Our opinion that any document is legal, valid and binding is qualified as to:

(a) limitations imposed by bankruptcy, insolvency, reorganization, arrangement, fraudulent conveyance, moratorium or other laws relating to or affecting the rights of creditors generally;

(b) rights to indemnification and contribution, which may be limited by applicable law or equitable principles; and

(c) general principles of equity, including without limitation concepts of materiality, reasonableness, good faith and fair dealing, and the possible unavailability of specific performance or injunctive relief and limitation of rights of acceleration, regardless of whether such enforceability is considered in a proceeding in equity or at law.

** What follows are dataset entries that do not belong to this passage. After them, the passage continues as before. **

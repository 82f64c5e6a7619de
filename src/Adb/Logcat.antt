-- ===== src/Adb/Logcat.antt =====
-- internal/adb/adb.go and internal/adb/bridge.go: a logcat record and its priority.
pub mod Parse
use tracelab.Prelude.{ℕ, String, ◌||◌, Option, none, some, ℤ, ◌==◌, if◌then◌else◌, Time, Bytes}

-- `LogcatLine`; `level` is the rune of the priority.
pub record LogcatLine : Type 0 where
  pub timestamp : Time
  pub pid : ℤ
  pub tid : ℤ
  pub level : ℕ
  pub tag : Bytes
  pub message : Bytes

-- `mapLogcatLevel`; `none` for ok = false.
unfoldable pub map_logcat_level : ℕ → Option String
map_logcat_level level =
    if level == b'V' || level == b'D'
    then some "debug"
    else if level == b'I'
    then some "info"
    else if level == b'W'
    then some "warn"
    else if level == b'E' || level == b'F'
    then some "error"
    else none
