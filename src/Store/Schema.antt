-- ===== src/Store/Schema.antt =====
-- internal/store/sqlite.go, internal/store/migrations/0001_initial.up.sql: rows and tables.
use tracelab.Prelude.{ℕ, String, Option, List, [], ℤ, Time, Bytes}

-- `store.Event`; `meta` is the raw JSON, empty for none.
pub record Event : Type 0 where
  pub id : ℕ
  pub session_id : String
  pub ts : Time
  pub source : String
  pub level : String
  pub msg : Bytes
  pub meta : String

-- A row of `sessions`.
pub record SessionRow : Type 0 where
  pub id : String
  pub label : String
  pub started_at : ℤ
  pub ended_at : Option ℤ

-- A row of `events`.
pub record EventRow : Type 0 where
  pub id : ℕ
  pub session_id : String
  pub ts : ℤ
  pub source : String
  pub level : String
  pub msg : Bytes
  pub meta : Option String

-- A row of `crashes`.
pub record CrashRow : Type 0 where
  pub id : ℕ
  pub session_id : String
  pub ts : ℤ
  pub fingerprint : String
  pub stacktrace : Bytes
  pub count : ℕ

-- The tables of migration 0001, with the last id that AUTOINCREMENT gave out.
pub record Db : Type 0 where
  pub sessions : List SessionRow
  pub events : List EventRow
  pub event_seq : ℕ
  pub crashes : List CrashRow
  pub crash_seq : ℕ

abbrev pub empty : Db
empty = record { sessions = []; events = []; event_seq = 0; crashes = []; crash_seq = 0 }

-- What a store method may fail with: the engine, `sql.ErrNoRows`, or a refused argument.
pub data StoreError : Type 0 where
  engine no_rows invalid : StoreError

pub data Result {ℓ} (A : Type ℓ) : Type ℓ where
  ok : A → Result A
  err : StoreError → Result A
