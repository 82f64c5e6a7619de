-- ===== src/Ws/Hub.antt =====
-- internal/ws/hub.go: the hub, its subscribers and their channels.
--
-- Channels stand on a heap, so that a send on a closed channel and a second close are run-time
-- panics here too. Each method is the part that it runs under the hub's mutex; what it closes
-- after the unlock is left in `pending` and closed by a later action, so that every
-- interleaving of the callers is a list of actions.
pub mod Steps
pub mod Delivery
pub mod Invariant
pub mod Safety
pub mod Shutdown
use tracelab.Prelude.{
  ℕ, ◌+◌, ◌%◌, ◌^◌, String, Bool, true, false, ◌||◌, Option, none, some, List, [], ◌∷◌, ◌++◌, map,
  ℤ, pos, negsuc, ltb, ◌==◌, str_eq, if◌then◌else◌, length, Bytes,
}

-- `Event`; `meta` is the raw JSON, empty for none.
pub record Event : Type 0 where
  pub session_id : String
  pub ts : ℤ
  pub source : String
  pub level : String
  pub msg : Bytes
  pub meta : String

-- A Go channel: what is buffered, the capacity, and whether it has been closed.
pub record Chan : Type 0 where
  pub buf : List Event
  pub cap : ℕ
  pub closed : Bool

-- `subscriber`; `ch` is the channel's place on the heap.
pub record Subscriber : Type 0 where
  pub id : ℕ
  pub session_filter : String
  pub ch : ℕ

-- `Hub`, the heap of channels, and the channels that callers have yet to close.
pub record Hub : Type 0 where
  pub subs : List Subscriber
  pub next_id : ℕ
  pub buf_size : ℕ
  pub closed : Bool
  pub closed_ch : ℕ
  pub chans : ℕ → Chan
  pub next_ch : ℕ
  pub pending : List ℕ

-- A Go run-time panic, or the value.
pub data Run {ℓ} (A : Type ℓ) : Type ℓ where
  done : A → Run A
  panic : Run A

infixl 5 ◌>>=◌
abbrev pub ◌>>=◌ {ℓ κ} : {A : Type ℓ} {B : Type κ} → Run A → (A → Run B) → Run B
done a >>= f = f a
panic >>= f = panic

abbrev pub u64 : ℕ
u64 = 2 ^ 64

-- A write on the heap.
abbrev pub update : (ℕ → Chan) → ℕ → Chan → ℕ → Chan
update chans r c j = if j == r then c else chans j

-- `make(chan Event, n)`
abbrev pub make : ℕ → Chan
make n = record { buf = []; cap = n; closed = false }

-- The default for `bufSize <= 0`.
abbrev pub mailbox_size : ℤ → ℕ
mailbox_size (pos n) = if n == 0 then 64 else n
mailbox_size (negsuc n) = 64

-- `NewHub`; place 0 of the heap is `closedCh`.
unfoldable pub new_hub : ℤ → Hub
new_hub size = record {
  subs = [];
  next_id = 0;
  buf_size = mailbox_size size;
  closed = false;
  closed_ch = 0;
  chans = λ _. make 0;
  next_ch = 1;
  pending = [];
}

-- `m[id] = s`, `m[id]` and `delete(m, id)` on the map of subscribers.
abbrev pub put_sub : Subscriber → List Subscriber → List Subscriber
put_sub s [] = s ∷ []
put_sub s (t ∷ ts) = if t.id == s.id then s ∷ ts else t ∷ put_sub s ts

abbrev pub find_sub : ℕ → List Subscriber → Option Subscriber
find_sub id [] = none
find_sub id (t ∷ ts) = if t.id == id then some t else find_sub id ts

abbrev pub delete_sub : ℕ → List Subscriber → List Subscriber
delete_sub id [] = []
delete_sub id (t ∷ ts) = if t.id == id then ts else t ∷ delete_sub id ts

-- `Subscribe`: the channel that the caller gets, and the id that its cancel func holds, if any.
-- After `Close` the channel is made closed.
unfoldable pub subscribe : String → Hub → Hub × ℕ × Option ℕ
subscribe filter h =
    if h.closed
    then (
      record h {
        chans = update h.chans h.next_ch (record (make 0) { closed = true });
        next_ch = h.next_ch + 1;
      },
      h.next_ch,
      none,
    )
    else (let id = (h.next_id + 1) % u64 in
        (
          record h {
            subs = put_sub (record { id = id; session_filter = filter; ch = h.next_ch }) h.subs;
            next_id = id;
            chans = update h.chans h.next_ch (make h.buf_size);
            next_ch = h.next_ch + 1;
          },
          h.next_ch,
          some id,
        ))

-- `unsubscribe` up to its unlock; the close of the channel is left pending.
unfoldable pub unsubscribe : ℕ → Hub → Hub
unsubscribe id h = elim (find_sub id h.subs) [
  | none ↦ h
  | some s ↦ record h { subs = delete_sub id h.subs; pending = h.pending ++ s.ch ∷ [] }
]

-- `s.sessionFilter != "" && s.sessionFilter != evt.SessionID`, negated
abbrev pub wants : Subscriber → Event → Bool
wants s evt = str_eq s.session_filter "" || str_eq s.session_filter evt.session_id

-- `select { case s.ch <- evt: default: }`
unfoldable pub try_send : Event → Chan → Run Chan
try_send evt c =
    if c.closed
    then panic
    else done (if ltb (length c.buf) c.cap then record c { buf = c.buf ++ evt ∷ [] } else c)

-- The loop of `Publish` over the subscribers.
unfoldable pub fan_out : Event → List Subscriber → (ℕ → Chan) → Run (ℕ → Chan)
fan_out evt [] chans = done chans
fan_out evt (s ∷ ss) chans =
    let rest = fan_out evt ss in
    if wants s evt
    then (do c ← try_send evt (chans s.ch); rest (update chans s.ch c))
    else rest chans

-- `Publish`
unfoldable pub publish : Event → Hub → Run Hub
publish evt h =
    if h.closed
    then done h
    else (do chans ← fan_out evt h.subs h.chans; done (record h { chans = chans }))

-- `SubscriberCount`
unfoldable pub subscriber_count : Hub → ℕ
subscriber_count h = length h.subs

-- `Close` up to its unlock; the channels of all subscribers and `closedCh` are left to close.
unfoldable pub close : Hub → Hub
close h = if h.closed then h else record h {
  closed = true;
  subs = [];
  pending = h.pending ++ (map (λ (s : Subscriber). s.ch) h.subs ++ h.closed_ch ∷ []);
}

-- The builtin `close(ch)`.
unfoldable pub close_chan : ℕ → (ℕ → Chan) → Run (ℕ → Chan)
close_chan r chans =
    if (chans r).closed then panic else done (update chans r (record (chans r) { closed = true }))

Attorneys at our Firm are admitted to the practice of law in the States of New York and California, and we express no opinion as to the laws of any other jurisdiction, other than the Federal laws of the United States of America, the State of California and the State of New York as to the enforceability of the Debt Securities.

[Remainder of this page intentionally left blank].

We hereby consent to the filing of this opinion as an exhibit to the above- referenced Registration Statement and to the use of our name wherever it appears in the Registration Statement, the Prospectus, any Prospectus Supplement, and in any amendment or supplement thereto. In giving such consent, we do not believe that we are "experts" within the meaning of such term as used in the Act or the rules and regulations of the Commission issued thereunder with respect to any part of the Registration Statement, including this opinion as an exhibit.

WILSON SONSINI GOODRICH & ROSATI
Professional Corporation

 

/s/ Wilson Sonsini Goodrich & Rosati, P.C.